Non, ce ne sont pas les foules, même celles dont le niveau d’instruction est prometteur qui font plier les dictatures, ce sont les élites intellectuelles qui ont de tous temps composé les racines du soulèvement populaire. On n’a jamais vu la réussite d’un soulèvement populaire sans qu’il ait été préparé de longue date par un tapissage long et patient des grands esprits. La Révolution française en est le parfait exemple. C’est ce qu’on appelle le siècle des Lumières qui a permis au grondement du peuple de parvenir à la Révolution.
Une charrette de mes anciens compagnons de lutte pour la démocratie se sont vendus, petit à petit, de pas en pas, aux appels tentants du diable. Combien de ceux-là ont rejoint les rangs de l’assemblée nationale, des ministères et des partis politiques à la solde du régime régnant sans partage.

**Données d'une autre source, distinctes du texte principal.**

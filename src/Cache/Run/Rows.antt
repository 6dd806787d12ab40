-- ===== src/Cache/Run/Rows.antt =====
-- Copying whole rows of `w` bytes into or out of the buffer of a page; `first` is the first sector
-- of the page.
use libfat.Base.{
  ℕ, ◌+◌, ◌-◌, ◌*◌, ◌^◌, ◌≤◌, ◌<◌, ◌≡◌, ◌&&◌, arith, sub32, ltb, leb, if◌then◌else◌, ap, Buffer,
  memcpy, ◌∙◌,
}
use native.Mathlib.Decide.{dec_lt}
use libfat.Cache.Sector.Update.{row_after, sub32_lem}

mul_mono : (w a b : ℕ) → a ≤ b → a * w ≤ b * w
mul_mono w a b h = grind arith

-- Byte `o` of row `k` is within rows `t` up to `t + n`.
in_rows :
    (w k t n o : ℕ)
    → o < w
    → (leb (t * w) (k * w + o) && ltb (k * w + o) (t * w + n * w)) ≡ (leb t k && ltb k (t + n))
in_rows w k t n o h = elim (dec_lt k t) [
  | yes below ↦ let m : k * w + w ≤ t * w = row_after w k t below in ground arith
  | no from ↦ elim (dec_lt k (t + n)) [
    | yes within ↦
        let m : k * w + w ≤ (t + n) * w = row_after w k (t + n) within in
        let m' : t * w ≤ k * w = mul_mono w t k (omega arith) in ground arith
    | no above ↦ let m : (t + n) * w ≤ k * w = mul_mono w (t + n) k (omega arith) in ground arith
  ]
]

module _ (w first sector n o : ℕ) (le : first ≤ sector) (small : sector < 2 ^ 32) (h : o < w) where
  -- Out of the page.
  pub memcpy_row :
      (c b : Buffer) (dest k : ℕ)
      → k < n
      → memcpy b dest c (sub32 sector first * w) (n * w) (dest + k * w + o)
        ≡ c ((sector + k - first) * w + o)
  memcpy_row c b dest k hk =
      let m : k * w + w ≤ n * w = row_after w k n hk in
      let e : sector + k - first ≡ (sector - first) + k = omega arith in
      let e' : (sector + k - first) * w ≡ (sector - first) * w + k * w =
        ap (λ (t : ℕ). t * w) e ∙ omega arith in
      rw (sub32_lem sector first le small) (ground (arith, e'))

  -- Into the page.
  pub page-memcpy_rows :
      (c b : Buffer) (src s : ℕ)
      → first ≤ s
      → memcpy c (sub32 sector first * w) b src (n * w) ((s - first) * w + o) ≡ (
          if leb sector s && ltb s (sector + n)
          then b (src + (s - sector) * w + o)
          else c ((s - first) * w + o))
  page-memcpy_rows c b src s le' =
      rw (sub32_lem sector first le small, in_rows w (s - first) (sector - first) n o h)
        (elim (dec_lt s sector) [
          | yes below ↦ ground arith
          | no above ↦
              let e : s - first ≡ (sector - first) + (s - sector) = omega arith in
              let e' : (s - first) * w ≡ (sector - first) * w + (s - sector) * w =
                ap (λ (t : ℕ). t * w) e ∙ omega arith in
              ground (arith, e')
        ])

En fin de compte, l’explication est la plus vieille de l’humanité. Militer est fastidieux, dangereux, exige des sacrifices pendant de très nombreuses années, voire des décennies. Mais cette énergie et prise de risque n’ont pas vocation à payer en retour sinon par l’honneur de l’objectif du combat. L’embêtant avec l’honneur est qu’il ne sait pas ce que c’est qu’un beau logement, encore moins une villa hollywoodienne en Espagne, des abonnements premium, des voitures à hautes cylindrées ou des voyages fabuleux
Usés, déçus, frustrés et incapables de donner plus d’énergie, de nombreux de ces anciens camarades ont préféré des situations qui les sortaient de leurs difficultés du moment et qu’ils leur donnaient l’espoir du veau d’or. Ils n’avaient que peu de ressources, notamment à l’étranger, et ils voyaient bien que la porte d’entrée vers la tentation était grande ouverte.
Ils ont souffert, donné toute leur énergie et percevaient de l’autre coté de la frontière des fortunes qui s’accumulaient pour mille ans de leurs revenus. L’indignation laisse toujours place, à un moment ou à un autre, à la tentation et celle-ci laisse à son tour, à un moment ou à une autre, place à la compromission.
Que faire pour endiguer ces défections qui grossissent comme un fleuve, surtout avec Abdelmadjid Tebboune ? Bien entendu, pas grand-chose si on prend en compte le tableau sombre que je viens de décrire.
Pourtant, si le temps est long, désespérant dans son impasse, la lumière de la sortie du tunnel apparaît toujours. Il faut patienter, encore patienter et toujours résister. Cette patience, il est vrai, est beaucoup plus facile pour des personnes comme moi qui ont de très longue date une sécurité de vie en France.
C’est pourtant ceux-là qui doivent garder la flamme de la torche allumée. Ils le font avec leur cœur, sans trop de risques (en tout cas pas immédiats), c’est certain, mais avec une forte conviction que c’est la seule arme qu’il reste à l’étranger. Puis un jour, si ce bout du tunnel arrive, nous serons suivis par des dizaines de milliers de fuyards vers la dictature qui retournerons leur veste en donnant l’explication la plus vielle du monde pour les compromis, « nous avions voulu lutter de l’intérieur du système ».
Une écrasante majorité d’Algériens aiment Tebboune, mes camarades actuels sauront trouver la voie du pardon pour ceux qui sont encore récupérables. Ils les convaincront peut-être.
Mais qu’ils ne comptent pas sur moi, je n’ai jamais prétendu avoir cette grande vertu du pardon. C’est hélas mon vilain défaut.